TASK OBJECTIVE —
Wherever "reported" occurs in the entries, copy the line that holds it.

Content starts

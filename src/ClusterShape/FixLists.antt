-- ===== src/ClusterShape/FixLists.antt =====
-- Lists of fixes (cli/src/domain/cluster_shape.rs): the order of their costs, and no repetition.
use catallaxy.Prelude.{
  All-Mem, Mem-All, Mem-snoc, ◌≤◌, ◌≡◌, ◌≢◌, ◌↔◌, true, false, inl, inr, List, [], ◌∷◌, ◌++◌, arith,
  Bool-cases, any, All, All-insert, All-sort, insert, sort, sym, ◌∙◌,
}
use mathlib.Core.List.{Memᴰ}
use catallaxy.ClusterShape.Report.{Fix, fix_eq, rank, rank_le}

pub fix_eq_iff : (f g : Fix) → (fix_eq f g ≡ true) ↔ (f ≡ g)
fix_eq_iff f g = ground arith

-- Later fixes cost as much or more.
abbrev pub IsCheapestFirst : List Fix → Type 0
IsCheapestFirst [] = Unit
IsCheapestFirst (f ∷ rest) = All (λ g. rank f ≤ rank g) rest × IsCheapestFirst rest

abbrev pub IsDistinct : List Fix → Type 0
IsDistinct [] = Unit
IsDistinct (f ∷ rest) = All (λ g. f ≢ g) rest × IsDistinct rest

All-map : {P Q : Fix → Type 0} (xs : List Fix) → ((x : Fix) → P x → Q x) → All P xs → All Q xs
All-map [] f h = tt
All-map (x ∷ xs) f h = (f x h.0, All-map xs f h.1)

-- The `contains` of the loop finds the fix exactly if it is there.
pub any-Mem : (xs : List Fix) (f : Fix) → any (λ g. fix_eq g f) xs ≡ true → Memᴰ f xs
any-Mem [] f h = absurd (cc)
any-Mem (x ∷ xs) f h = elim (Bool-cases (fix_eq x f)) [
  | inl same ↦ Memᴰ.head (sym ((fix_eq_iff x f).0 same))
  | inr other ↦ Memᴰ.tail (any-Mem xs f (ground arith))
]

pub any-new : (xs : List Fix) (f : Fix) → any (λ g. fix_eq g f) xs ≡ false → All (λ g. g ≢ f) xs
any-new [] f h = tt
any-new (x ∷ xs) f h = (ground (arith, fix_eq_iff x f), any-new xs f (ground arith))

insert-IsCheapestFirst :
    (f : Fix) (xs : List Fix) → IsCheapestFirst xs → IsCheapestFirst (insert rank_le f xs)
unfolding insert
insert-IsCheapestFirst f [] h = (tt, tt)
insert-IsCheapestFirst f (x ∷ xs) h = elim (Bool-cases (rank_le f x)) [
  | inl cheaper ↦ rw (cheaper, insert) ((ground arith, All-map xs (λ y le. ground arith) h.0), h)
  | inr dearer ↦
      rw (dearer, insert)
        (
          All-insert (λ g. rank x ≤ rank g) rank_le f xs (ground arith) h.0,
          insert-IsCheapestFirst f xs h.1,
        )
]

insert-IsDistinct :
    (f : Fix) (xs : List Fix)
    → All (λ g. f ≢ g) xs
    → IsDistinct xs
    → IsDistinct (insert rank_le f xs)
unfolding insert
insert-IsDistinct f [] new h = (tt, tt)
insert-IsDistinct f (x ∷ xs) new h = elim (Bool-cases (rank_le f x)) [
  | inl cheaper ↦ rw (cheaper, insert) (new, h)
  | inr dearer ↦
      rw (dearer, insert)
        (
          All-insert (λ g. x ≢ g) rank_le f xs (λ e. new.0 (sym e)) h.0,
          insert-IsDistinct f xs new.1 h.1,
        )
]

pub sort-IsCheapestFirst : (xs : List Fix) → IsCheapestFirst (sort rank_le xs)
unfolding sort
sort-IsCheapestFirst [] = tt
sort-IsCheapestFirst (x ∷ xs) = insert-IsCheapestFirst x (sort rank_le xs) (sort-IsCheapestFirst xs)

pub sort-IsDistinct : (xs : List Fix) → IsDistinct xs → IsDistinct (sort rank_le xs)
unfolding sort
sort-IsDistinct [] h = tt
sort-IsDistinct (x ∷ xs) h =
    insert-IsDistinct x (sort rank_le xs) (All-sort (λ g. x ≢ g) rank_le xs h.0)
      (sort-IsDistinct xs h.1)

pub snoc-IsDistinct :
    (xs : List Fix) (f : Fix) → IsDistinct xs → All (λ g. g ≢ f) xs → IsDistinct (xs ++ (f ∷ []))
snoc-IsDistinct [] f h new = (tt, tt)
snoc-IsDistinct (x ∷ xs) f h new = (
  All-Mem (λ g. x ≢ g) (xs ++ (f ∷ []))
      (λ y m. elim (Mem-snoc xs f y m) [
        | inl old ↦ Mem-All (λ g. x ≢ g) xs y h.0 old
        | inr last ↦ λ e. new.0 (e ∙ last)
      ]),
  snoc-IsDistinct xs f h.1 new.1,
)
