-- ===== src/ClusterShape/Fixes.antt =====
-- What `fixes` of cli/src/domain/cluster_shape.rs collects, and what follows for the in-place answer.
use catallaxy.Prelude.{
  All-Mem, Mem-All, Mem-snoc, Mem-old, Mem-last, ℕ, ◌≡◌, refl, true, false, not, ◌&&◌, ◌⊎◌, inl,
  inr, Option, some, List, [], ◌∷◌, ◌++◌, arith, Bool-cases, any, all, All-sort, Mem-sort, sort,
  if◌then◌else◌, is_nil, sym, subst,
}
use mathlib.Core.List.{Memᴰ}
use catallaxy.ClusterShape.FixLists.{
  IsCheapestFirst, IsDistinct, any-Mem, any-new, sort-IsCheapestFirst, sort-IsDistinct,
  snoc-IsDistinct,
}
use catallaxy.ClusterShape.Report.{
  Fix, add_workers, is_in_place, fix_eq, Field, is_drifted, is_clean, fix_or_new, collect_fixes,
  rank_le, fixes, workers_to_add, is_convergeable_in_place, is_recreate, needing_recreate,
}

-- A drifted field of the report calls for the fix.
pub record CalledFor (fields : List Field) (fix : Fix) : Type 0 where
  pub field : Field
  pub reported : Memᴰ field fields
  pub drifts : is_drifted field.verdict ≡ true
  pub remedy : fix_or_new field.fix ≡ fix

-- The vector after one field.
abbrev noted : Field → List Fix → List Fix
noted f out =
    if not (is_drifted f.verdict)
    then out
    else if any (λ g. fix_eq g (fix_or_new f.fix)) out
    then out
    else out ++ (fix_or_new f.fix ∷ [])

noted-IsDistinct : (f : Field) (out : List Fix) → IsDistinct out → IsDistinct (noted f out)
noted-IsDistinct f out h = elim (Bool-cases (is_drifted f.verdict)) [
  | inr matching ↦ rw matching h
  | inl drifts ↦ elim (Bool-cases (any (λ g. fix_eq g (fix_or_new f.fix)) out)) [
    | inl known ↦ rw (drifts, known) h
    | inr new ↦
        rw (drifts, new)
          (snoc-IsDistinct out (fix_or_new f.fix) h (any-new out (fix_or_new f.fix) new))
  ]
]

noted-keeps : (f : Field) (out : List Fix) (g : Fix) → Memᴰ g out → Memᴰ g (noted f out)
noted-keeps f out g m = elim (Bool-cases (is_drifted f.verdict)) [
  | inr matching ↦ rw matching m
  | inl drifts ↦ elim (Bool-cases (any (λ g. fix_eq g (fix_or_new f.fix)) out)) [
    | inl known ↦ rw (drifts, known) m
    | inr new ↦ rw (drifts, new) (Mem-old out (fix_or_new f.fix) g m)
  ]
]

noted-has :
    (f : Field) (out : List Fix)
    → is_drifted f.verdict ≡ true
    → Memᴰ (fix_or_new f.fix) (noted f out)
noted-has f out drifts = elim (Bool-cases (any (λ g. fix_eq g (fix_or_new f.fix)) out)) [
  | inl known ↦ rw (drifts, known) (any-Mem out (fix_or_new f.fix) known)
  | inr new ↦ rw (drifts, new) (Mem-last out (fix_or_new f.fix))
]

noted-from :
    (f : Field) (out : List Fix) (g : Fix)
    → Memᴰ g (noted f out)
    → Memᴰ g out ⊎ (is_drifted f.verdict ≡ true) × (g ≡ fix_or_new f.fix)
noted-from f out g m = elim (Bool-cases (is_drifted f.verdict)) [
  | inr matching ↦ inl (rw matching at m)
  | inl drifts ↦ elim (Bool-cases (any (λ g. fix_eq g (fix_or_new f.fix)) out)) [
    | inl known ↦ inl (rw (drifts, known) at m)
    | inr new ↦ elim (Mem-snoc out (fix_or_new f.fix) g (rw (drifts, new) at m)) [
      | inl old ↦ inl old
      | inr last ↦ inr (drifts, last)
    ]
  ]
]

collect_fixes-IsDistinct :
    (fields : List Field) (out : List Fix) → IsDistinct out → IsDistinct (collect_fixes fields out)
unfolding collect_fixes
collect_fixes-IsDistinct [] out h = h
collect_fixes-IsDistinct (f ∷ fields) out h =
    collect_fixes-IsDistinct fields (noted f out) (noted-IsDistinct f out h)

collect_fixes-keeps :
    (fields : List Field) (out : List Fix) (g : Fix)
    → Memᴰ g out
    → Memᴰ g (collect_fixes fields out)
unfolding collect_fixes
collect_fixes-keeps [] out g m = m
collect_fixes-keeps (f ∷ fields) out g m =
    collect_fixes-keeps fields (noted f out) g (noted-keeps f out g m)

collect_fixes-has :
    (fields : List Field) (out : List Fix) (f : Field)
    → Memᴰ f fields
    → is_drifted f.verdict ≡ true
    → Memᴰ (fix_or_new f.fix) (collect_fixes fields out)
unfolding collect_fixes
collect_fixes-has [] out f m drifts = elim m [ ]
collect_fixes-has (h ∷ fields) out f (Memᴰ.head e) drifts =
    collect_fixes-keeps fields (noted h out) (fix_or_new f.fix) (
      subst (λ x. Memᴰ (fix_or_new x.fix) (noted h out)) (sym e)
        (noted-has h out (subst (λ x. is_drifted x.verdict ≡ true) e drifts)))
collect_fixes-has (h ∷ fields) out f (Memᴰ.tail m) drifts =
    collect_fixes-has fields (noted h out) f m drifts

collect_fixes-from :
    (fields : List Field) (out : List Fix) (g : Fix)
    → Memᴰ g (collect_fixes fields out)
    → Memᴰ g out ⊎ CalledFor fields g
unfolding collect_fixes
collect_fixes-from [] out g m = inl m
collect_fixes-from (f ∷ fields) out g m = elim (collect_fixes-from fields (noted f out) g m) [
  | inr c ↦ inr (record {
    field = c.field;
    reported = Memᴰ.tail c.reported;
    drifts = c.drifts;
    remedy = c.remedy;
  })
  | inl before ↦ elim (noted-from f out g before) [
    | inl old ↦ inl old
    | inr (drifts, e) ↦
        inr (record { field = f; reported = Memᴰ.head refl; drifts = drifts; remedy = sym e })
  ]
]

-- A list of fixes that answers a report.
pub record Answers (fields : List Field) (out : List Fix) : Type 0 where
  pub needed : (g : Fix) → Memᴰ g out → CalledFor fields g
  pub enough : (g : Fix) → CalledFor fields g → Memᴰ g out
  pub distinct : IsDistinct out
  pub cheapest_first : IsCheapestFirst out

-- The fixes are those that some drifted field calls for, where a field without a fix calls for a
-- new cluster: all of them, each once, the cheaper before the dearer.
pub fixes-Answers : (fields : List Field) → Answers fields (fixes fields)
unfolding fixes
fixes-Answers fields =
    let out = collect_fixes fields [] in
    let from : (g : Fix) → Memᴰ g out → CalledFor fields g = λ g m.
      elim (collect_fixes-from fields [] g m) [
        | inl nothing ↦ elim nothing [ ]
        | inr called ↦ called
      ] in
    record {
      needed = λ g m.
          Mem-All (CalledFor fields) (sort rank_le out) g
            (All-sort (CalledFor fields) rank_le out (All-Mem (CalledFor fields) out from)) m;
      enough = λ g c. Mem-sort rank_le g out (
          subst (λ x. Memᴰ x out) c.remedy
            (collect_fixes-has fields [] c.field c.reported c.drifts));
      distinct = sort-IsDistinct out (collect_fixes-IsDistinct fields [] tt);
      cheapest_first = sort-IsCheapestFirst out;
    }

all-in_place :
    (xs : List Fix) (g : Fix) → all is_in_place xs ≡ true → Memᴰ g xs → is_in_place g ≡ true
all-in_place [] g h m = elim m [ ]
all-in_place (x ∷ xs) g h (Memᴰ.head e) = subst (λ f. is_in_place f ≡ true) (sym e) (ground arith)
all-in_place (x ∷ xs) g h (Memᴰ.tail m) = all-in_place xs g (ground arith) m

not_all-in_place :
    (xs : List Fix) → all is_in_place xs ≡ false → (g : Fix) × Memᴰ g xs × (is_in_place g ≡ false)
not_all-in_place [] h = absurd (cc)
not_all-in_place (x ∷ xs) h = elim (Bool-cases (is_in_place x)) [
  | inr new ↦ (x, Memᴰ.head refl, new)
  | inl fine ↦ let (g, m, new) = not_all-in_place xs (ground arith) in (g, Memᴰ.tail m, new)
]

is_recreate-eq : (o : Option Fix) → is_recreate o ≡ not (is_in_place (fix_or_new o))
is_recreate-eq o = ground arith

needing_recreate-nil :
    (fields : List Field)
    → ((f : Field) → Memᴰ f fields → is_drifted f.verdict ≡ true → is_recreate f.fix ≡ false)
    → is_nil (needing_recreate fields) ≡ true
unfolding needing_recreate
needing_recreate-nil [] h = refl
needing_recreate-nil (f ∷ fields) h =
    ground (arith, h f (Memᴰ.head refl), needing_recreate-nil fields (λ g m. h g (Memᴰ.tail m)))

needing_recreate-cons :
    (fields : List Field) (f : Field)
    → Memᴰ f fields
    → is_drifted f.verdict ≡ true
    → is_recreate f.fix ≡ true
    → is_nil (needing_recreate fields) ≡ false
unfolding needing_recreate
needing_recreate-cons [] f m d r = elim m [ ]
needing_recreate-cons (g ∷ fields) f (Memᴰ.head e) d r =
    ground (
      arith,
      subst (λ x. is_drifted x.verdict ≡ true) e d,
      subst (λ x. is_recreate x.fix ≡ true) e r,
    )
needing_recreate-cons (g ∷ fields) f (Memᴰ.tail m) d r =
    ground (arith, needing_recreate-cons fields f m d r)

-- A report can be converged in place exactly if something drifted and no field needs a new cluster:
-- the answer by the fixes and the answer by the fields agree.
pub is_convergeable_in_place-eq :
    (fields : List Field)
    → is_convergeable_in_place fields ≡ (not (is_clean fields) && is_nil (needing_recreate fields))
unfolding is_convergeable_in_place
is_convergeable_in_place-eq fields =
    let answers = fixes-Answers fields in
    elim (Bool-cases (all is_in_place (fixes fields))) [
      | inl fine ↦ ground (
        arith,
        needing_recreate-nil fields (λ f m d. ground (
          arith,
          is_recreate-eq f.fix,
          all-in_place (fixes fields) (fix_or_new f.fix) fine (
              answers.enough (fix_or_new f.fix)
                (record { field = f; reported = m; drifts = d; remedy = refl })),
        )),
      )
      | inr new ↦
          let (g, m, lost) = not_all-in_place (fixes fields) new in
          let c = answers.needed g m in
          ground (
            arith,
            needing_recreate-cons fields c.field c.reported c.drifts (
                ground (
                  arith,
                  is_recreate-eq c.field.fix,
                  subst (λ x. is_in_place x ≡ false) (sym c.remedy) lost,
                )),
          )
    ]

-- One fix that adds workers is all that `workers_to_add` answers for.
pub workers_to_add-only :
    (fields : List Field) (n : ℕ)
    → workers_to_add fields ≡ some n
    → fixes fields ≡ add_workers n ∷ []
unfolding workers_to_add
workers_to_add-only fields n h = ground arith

Content ends

RESPONSE TO THIS TASK —
  pub reported : Memᴰ field fields
    reported = Memᴰ.tail c.reported;
        inr (record { field = f; reported = Memᴰ.head refl; drifts = drifts; remedy = sym e })
            (collect_fixes-has fields [] c.field c.reported c.drifts));
                (record { field = f; reported = m; drifts = d; remedy = refl })),
            needing_recreate-cons fields c.field c.reported c.drifts (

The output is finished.